Let’s figure out how compound interest works – a simple mechanism that will provide you with tangible income in the future. The average pension in Russia – 13 300 rubles. The average pension in Russia in 2018-2019 per month. This is barely enough even for food and medicine.
Perhaps in 30-40 years, the state will start paying good pensions. Perhaps the children will take care of you. Perhaps communism will suddenly come to the country, and no one will need anything. Anything is possible, but with such hopes, you only relieve yourself of responsibility for your future and shift it onto someone else with such hopes.
Instead, you can take simple steps now to help you live your life in retirement. And compound interest will help in this.
Read also: 10 Ways to Save Money on Supermarket Shopping.
What is compound interest?
Let’s imagine Andrey. Andrey is 30 years old. He saved a million rubles and put it on a bank deposit at 7% per annum. A year later, his contribution is the initial million and 70,000 rubles of interest. A year later, Andrei again receives his 7% per annum, only now they are credited not for 1,000,000 rubles but 1,070,000 rubles. In the second year, he already earned 74,900, not 70,000 rubles.
Andrey launched a compound interest mechanism: the bank charges interest on money received from interest.
In 35 years, Andrei will turn 65, and he will retire. By this time, his contribution will be almost 10 million rubles. Each year, these 10 million will give an additional 7% – this is 698,000 rubles a year or 58,000 rubles a month.
10 years after opening a deposit with Andrey 1,838,459 rubles of capital + passive income 10,724 rubles / month. In 20 years – 3 616 528 rubles of capital + 21 096 rubles / month. After 35 years – 9,978,114 rubles of capital + 58,206 rubles / month.
Please note: Andrey just put money on the deposit and did nothing else. And if he additionally contributed 9,000 rubles a month to his account, then he would have almost 26 million capital and 140,000 rubles of passive income per month to his pension.
You don’t have to start with a million. If Andrey had started saving 12,000 rubles a month from scratch at the same 7% per annum, in 35 years, he would have had 20 million rubles of capital and 109,000 rubles of passive income.
How to calculate your future passive income
We have prepared a table that will calculate passive income with your parameters. Enter the amount you plan to save, start-up capital, contribution percentage, and age – get the amount of capital for pension and monthly passive income. To enter your values into the table, copy it to your Google Drive.
What questions may arise
What about inflation?
Inflation will certainly affect your savings. 100,000 rubles a month today and 35 years later – different money. But this is no reason not to postpone because even after 135 years, 100,000 rubles a month is more than nothing.
Inflation can be overtaken. You don’t have to put money on a 7% deposit. You can dive deeper into the topic of investments – buy safe stocks, government bonds – and go out, say, at 12% per annum. It is more difficult than just leaving money in the bank, but it does not require extra effort.

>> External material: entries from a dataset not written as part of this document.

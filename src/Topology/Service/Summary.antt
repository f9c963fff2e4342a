-- ===== src/Topology/Service/Summary.antt =====
-- What the result of `GetTopology` in log-services/topology/core/service.go says of the nodes that were
-- loaded.
use microservice_log_parser.Prelude.{
  ◌<◌, ◌≡◌, ◌⊎◌, inl, inr, refl, ap, ◌∙◌, map, length, All, All-weaken, Among, List, arith, true,
  false, Bool-cases,
}
use microservice_log_parser.Prelude.Eq.{◌==◌, ==_sound}
use microservice_log_parser.Prelude.Int.{ℤ, pos, is_positive, to_int32-pos}
use microservice_log_parser.Prelude.Text.{text_eq}
use microservice_log_parser.Prelude.Result.{Result, ok, err, Result-cases}
use microservice_log_parser.Topology.Model.{
  Error, Node, TopologyGroup, bad_arguments, log_not_parsed, TopologyData, TopologyResult,
  log_status_parsed,
}
use microservice_log_parser.Topology.Kinds.{host, switch, normalize_kind}
use microservice_log_parser.Topology.Groups.{count_ports, no_ports, empty_build}
use microservice_log_parser.Topology.Groups.Members.{
  of_kind, groups_from_map-members, add_nodes-hosts, add_nodes-switches,
}
use microservice_log_parser.Topology.Groups.Complete.{groups_from_map_complete}
use microservice_log_parser.Topology.Service.{build_topology, get_topology, topology_of}

abbrev pub HasGroup : Node → List TopologyGroup → Type 0
HasGroup n groups =
    (g : TopologyGroup) × Among g groups
    × (g.kind ≡ normalize_kind n.node_kind)
    × Among n.id g.node_ids

-- The result agrees with the nodes: the summary counts them and those of two kinds, and each group
-- lists the ids of the nodes of its kind, in order, and every node has a group of its kind.
abbrev pub Summarises : TopologyData → TopologyResult → Type 0
Summarises loaded result =
    (result.summary.nodes_count ≡ pos (length loaded.nodes))
    × (result.summary.hosts_count ≡ pos (length (of_kind host loaded.nodes)))
    × (result.summary.switches_count ≡ pos (length (of_kind switch loaded.nodes)))
    × All (λ g. g.node_ids ≡ map (λ n. n.id) (of_kind g.kind loaded.nodes)) result.groups
    × All (λ n. HasGroup n result.groups) loaded.nodes

build_topology-Summarises :
    (log_id : ℤ) (loaded : TopologyData)
    → length loaded.nodes < 2147483648
    → Summarises loaded (build_topology log_id loaded)
unfolding build_topology
build_topology-Summarises log_id loaded fits =
    let c = count_ports loaded.ports no_ports in
    (
      to_int32-pos (length loaded.nodes) fits,
      add_nodes-hosts c loaded.nodes empty_build 0 refl (omega (arith, fits))
          ∙ ap pos (omega arith),
      add_nodes-switches c loaded.nodes empty_build 0 refl (omega (arith, fits))
          ∙ ap pos (omega arith),
      groups_from_map-members c loaded.nodes,
      All-weaken loaded.nodes (groups_from_map_complete c loaded.nodes),
    )

-- What `GetTopology` answers, by what the repository answers.
abbrev pub Answers : Result Error TopologyData → Result Error TopologyResult → Type 0
Answers (err e) answer = answer ≡ err e
Answers (ok loaded) answer =
    ((loaded.log.status ≡ log_status_parsed)
      × (result : TopologyResult) × (answer ≡ ok result)
      × Summarises loaded result)
    ⊎ (((loaded.log.status == log_status_parsed) ≡ false) × (answer ≡ err log_not_parsed))

topology_of-Answers :
    (log_id : ℤ) (loaded : TopologyData)
    → length loaded.nodes < 2147483648
    → Answers (ok loaded) (topology_of log_id loaded)
unfolding topology_of
topology_of-Answers log_id loaded fits =
    elim (Bool-cases (loaded.log.status == log_status_parsed)) [
      | inl e ↦ inl (
        ==_sound loaded.log.status log_status_parsed e,
        build_topology log_id loaded,
        rw (e) refl,
        build_topology-Summarises log_id loaded fits,
      )
      | inr e ↦ inr (e, rw (e) refl)
    ]

-- Every answer of `GetTopology`, for a repository that returns fewer than 2^31 nodes. An id that is not
-- positive is refused before the repository is asked. An error of the repository is passed on. A log
-- whose status is not "parsed" is refused. Else the result counts the nodes, the hosts and the
-- switches that were loaded, and each of its groups lists the ids of exactly the nodes of its kind,
-- in the order in which they were loaded, and every node has a group of its kind that lists it; a
-- node's kind is the normalised one.
pub get_topology-Answers :
    (get_topology_data : ℤ → Result Error TopologyData) (log_id : ℤ)
    → ((loaded : TopologyData)
        → get_topology_data log_id ≡ ok loaded
        → length loaded.nodes < 2147483648)
    → ((is_positive log_id ≡ false) × (get_topology get_topology_data log_id ≡ err bad_arguments))
      ⊎ ((is_positive log_id ≡ true)
          × Answers (get_topology_data log_id) (get_topology get_topology_data log_id))
unfolding get_topology
get_topology-Answers client log_id fits = elim (Bool-cases (is_positive log_id)) [
  | inr e ↦ inl (e, rw (e) refl)
  | inl e ↦ elim (Result-cases (client log_id)) [
    | inr (x, f) ↦ inr (e, rw (e, f) refl)
    | inl (loaded, f) ↦ inr (e, rw (e, f) (topology_of-Answers log_id loaded (fits loaded f)))
  ]
]
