-- ===== src/Tests/Topology.antt =====
-- The topology of two hosts and two switches: log-services/topology/core/service.go on a small input.
use microservice_log_parser.Prelude.{
  ℕ, ◌<◌, List, [], ◌∷◌, ◌≡◌, ◌⊎◌, refl, subst, map, length, true, false, none, All, arith,
}
use microservice_log_parser.Prelude.Eq.{Distinct}
use microservice_log_parser.Prelude.Int.{ℤ, pos, int_eq, is_positive}
use microservice_log_parser.Prelude.Text.{Text, codes}
use microservice_log_parser.Prelude.Result.{Result, ok, err, ok_injective}
use microservice_log_parser.Topology.Model.{
  Error, bad_arguments, Node, Port, TopologyData, log_status_parsed,
}
use microservice_log_parser.Topology.Edges.{build_edges}
use microservice_log_parser.Topology.Edges.Trace.{Link, edges_of, switch_port_ids}
use microservice_log_parser.Topology.Edges.Disjoint.{build_edges_disjoint, IsJoined}
use microservice_log_parser.Topology.Ports.{pick_switch_port}
use microservice_log_parser.Topology.Ports.Choice.{Picks, pick_switch_port-Picks}
use microservice_log_parser.Topology.Service.{get_topology, build_topology}
use microservice_log_parser.Topology.Service.Summary.{Answers, get_topology-Answers}

abbrev node : ℕ → Text → Node
node id kind = record {
  id = pos id;
  log_id = pos 1;
  node_guid = codes "guid";
  node_desc = [];
  node_type = pos 1;
  node_kind = kind;
  num_ports = pos 1;
  info = none;
}

abbrev port : ℕ → ℕ → ℕ → ℕ → Port
port id node_id num width = record {
  id = pos id;
  log_id = pos 1;
  node_id = pos node_id;
  node_guid = codes "guid";
  port_guid = codes "port";
  port_num = pos num;
  port_state = pos 4;
  link_width_active = pos width;
  link_speed_active = pos 2;
}

abbrev nodes : List Node
nodes =
    node 1 (codes "host")
    ∷ node 2 (codes " Host ")
    ∷ node 3 (codes "switch")
    ∷ node 4 (codes "SWITCH")
    ∷ node 5 (codes "router")
    ∷ []

abbrev ports : List Port
ports =
    port 10 1 1 2
    ∷ port 20 2 1 4
    ∷ port 31 3 1 4
    ∷ port 32 3 2 2
    ∷ port 33 3 3 2
    ∷ port 41 4 1 2
    ∷ []

-- Each host port takes the switch port of its own width, and the switches are joined by ports left over.
edge_ports :
    map {B = ℤ × ℤ} (λ e. (e.source_node_id, e.target_node_id)) (build_edges nodes ports)
    ≡ (pos 1, pos 3) ∷ (pos 2, pos 3) ∷ (pos 3, pos 4) ∷ []
unfolding build_edges
edge_ports = refl

edge_port_nums : map (λ e. e.target_port_num) (build_edges nodes ports) ≡ pos 2 ∷ pos 1 ∷ pos 1 ∷ []
unfolding build_edges
edge_port_nums = refl

abbrev loaded : TopologyData
loaded = record {
  log = record {
    id = pos 1;
    file_path = codes "a.log";
    status = log_status_parsed;
    nodes_count = pos 5;
    ports_count = pos 6;
    error = [];
    uploaded_at = [];
    parsed_at = [];
  };
  nodes = nodes;
  ports = ports;
}

abbrev client : ℤ → Result Error TopologyData
client id = ok loaded

groups :
    map {B = Text × List ℤ} (λ g. (g.name, g.node_ids)) (build_topology (pos 1) loaded).groups
    ≡ (codes "Hosts", pos 1 ∷ pos 2 ∷ [])
      ∷ (codes "Switches", pos 3 ∷ pos 4 ∷ [])
      ∷ (codes "Router", pos 5 ∷ [])
      ∷ []
unfolding build_topology
groups = refl

build_edges_disjoint_example :
    (links : List Link) × (build_edges nodes ports ≡ edges_of links)
    × Distinct (switch_port_ids links)
    × All (IsJoined nodes ports) links
build_edges_disjoint_example = build_edges_disjoint nodes ports

pick_switch_port-Picks_example :
    Picks
      (port 10 1 1 2)
      (port 31 3 1 4 ∷ port 32 3 2 2 ∷ [])
      (pos 31 ∷ [])
      (pick_switch_port (port 10 1 1 2) (port 31 3 1 4 ∷ port 32 3 2 2 ∷ []) (pos 31 ∷ []))
pick_switch_port-Picks_example =
    pick_switch_port-Picks (port 10 1 1 2) (port 31 3 1 4 ∷ port 32 3 2 2 ∷ []) (pos 31 ∷ [])

few_nodes : (l : TopologyData) → client (pos 1) ≡ ok l → length l.nodes < 2147483648
few_nodes l e = subst (λ d. length d.nodes < 2147483648) (ok_injective loaded l e) (omega arith)

get_topology-Answers_example :
    ((is_positive (pos 1) ≡ false) × (get_topology client (pos 1) ≡ err bad_arguments))
    ⊎ ((is_positive (pos 1) ≡ true) × Answers (client (pos 1)) (get_topology client (pos 1)))
get_topology-Answers_example = get_topology-Answers client (pos 1) few_nodes
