-- ===== src/Topology.antt =====
-- The topology service: log-services/topology/core, and its two gRPC adapters.
pub mod Model
pub mod Kinds
pub mod Ports
pub mod Edges
pub mod Groups
pub mod Service
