-- ===== src/Wire.antt =====
-- The calls between the services over gRPC: the servers log-services/*/adapters/grpc/server.go and the
-- clients log-services/app/adapters/*/ and log-services/topology/adapters/repository/repository.go. The
-- messages are those of log-services/proto; gRPC itself carries a message unchanged.
pub mod Status
pub mod ParserRpc
pub mod RepositoryRpc
pub mod TopologyRpc
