-- ===== src/Wire/RepositoryRpc.antt =====
-- The repository over gRPC: its messages, its server and its two clients.
pub mod Messages
pub mod Server
pub mod AppClient
pub mod TopologyClient
pub mod RoundTrip
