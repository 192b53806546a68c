-- ===== src/Ctype.antt =====
-- The character classes of include/ctype.h, on the codes that the callers pass: bytes.
use c_lite.Base.{
  ℕ, ◌+◌, ◌-◌, ◌<◌, ◌≡◌, ◌≢◌, refl, Bool, ◌&&◌, ◌||◌, not, arith, leb, ltb, ◌==◌, if◌then◌else◌,
}

unfoldable pub isspace : ℕ → Bool
isspace c = c == 32 || c == 9 || c == 10 || c == 13 || c == 12 || c == 11

unfoldable pub isdigit : ℕ → Bool
isdigit c = leb b'0' c && leb c b'9'

unfoldable pub isalpha : ℕ → Bool
isalpha c = (leb b'a' c && leb c b'z') || (leb b'A' c && leb c b'Z')

unfoldable pub isalnum : ℕ → Bool
unfolding isalpha isdigit
isalnum c = isalpha c || isdigit c

unfoldable pub isupper : ℕ → Bool
isupper c = leb b'A' c && leb c b'Z'

unfoldable pub islower : ℕ → Bool
islower c = leb b'a' c && leb c b'z'

unfoldable pub isxdigit : ℕ → Bool
unfolding isdigit
isxdigit c = isdigit c || (leb b'a' c && leb c b'f') || (leb b'A' c && leb c b'F')

unfoldable pub isprint : ℕ → Bool
isprint c = leb 0x20 c && leb c 0x7e

unfoldable pub ispunct : ℕ → Bool
unfolding isprint isalnum isspace
ispunct c = isprint c && not (isalnum c) && not (isspace c)

unfoldable pub iscntrl : ℕ → Bool
iscntrl c = ltb c 0x20 || c == 0x7f

unfoldable pub isascii : ℕ → Bool
isascii c = leb c 127

unfoldable pub toupper : ℕ → ℕ
unfolding islower
toupper c = if islower c then c - b'a' + b'A' else c

unfoldable pub tolower : ℕ → ℕ
unfolding isupper
tolower c = if isupper c then c - b'A' + b'a' else c

-- Every ASCII code is of exactly one of the four kinds: a control, the blank, a letter or digit, a
-- punctuation mark.
pub ascii_kinds :
    (c : ℕ)
    → c < 128
    → (if iscntrl c then 1 else 0)
        + (if c == 32 then 1 else 0)
        + (if isalnum c then 1 else 0)
        + (if ispunct c then 1 else 0)
      ≡ 1
unfolding iscntrl isalnum ispunct
ascii_kinds c h = ground arith

-- Only NUL is turned into NUL.
pub tolower-ne-zero : (c : ℕ) → c ≢ 0 → tolower c ≢ 0
unfolding tolower
tolower-ne-zero c h = ground arith

pub tolower-toupper : (c : ℕ) → tolower (toupper c) ≡ tolower c
unfolding tolower toupper
tolower-toupper c = ground arith

pub tolower-zero : tolower 0 ≡ 0
unfolding tolower
tolower-zero = refl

No one bothers today to save 10,000 rubles a month, in 10 years – 15,000 rubles, and 20 years – 25,000 rubles. Indeed, with inflation, your income also grows, and over time you will become a more valuable specialist, and your salary will be higher.
What if the bank closes?
When the bank closes, the state will reimburse depositors up to 1,400,000 rubles. You will accumulate a much larger amount at a certain moment – it will be a shame to lose it. It makes sense to scatter capital in different places: store 1,400,000 rubles each in several banks. This way, you minimize the risk of losing money.
You can also store capital in stocks, precious metals, real estate – everyone chooses the best instruments himself.
Also read: How to Prepare for a Financial Crisis.
And if there is a default?
Anything can happen to the economy – Russia already went through this in 1998. There are no guaranteed ways to avoid this. Adapt to the situation; do not store all your capital in one currency, follow the news, and make decisions based on the current situation.
All these questions are, of course, important. And indeed there is a possibility that you will be disciplined to save money for 20 years, and then you will lose everything in one day.
But this is not a reason not to do anything and wait for old age, and then – come what may. Make an effort now to eat well in retirement, travel, and delight grandchildren and great-grandchildren with gifts. And let the state pension be a bonus, not a means of survival.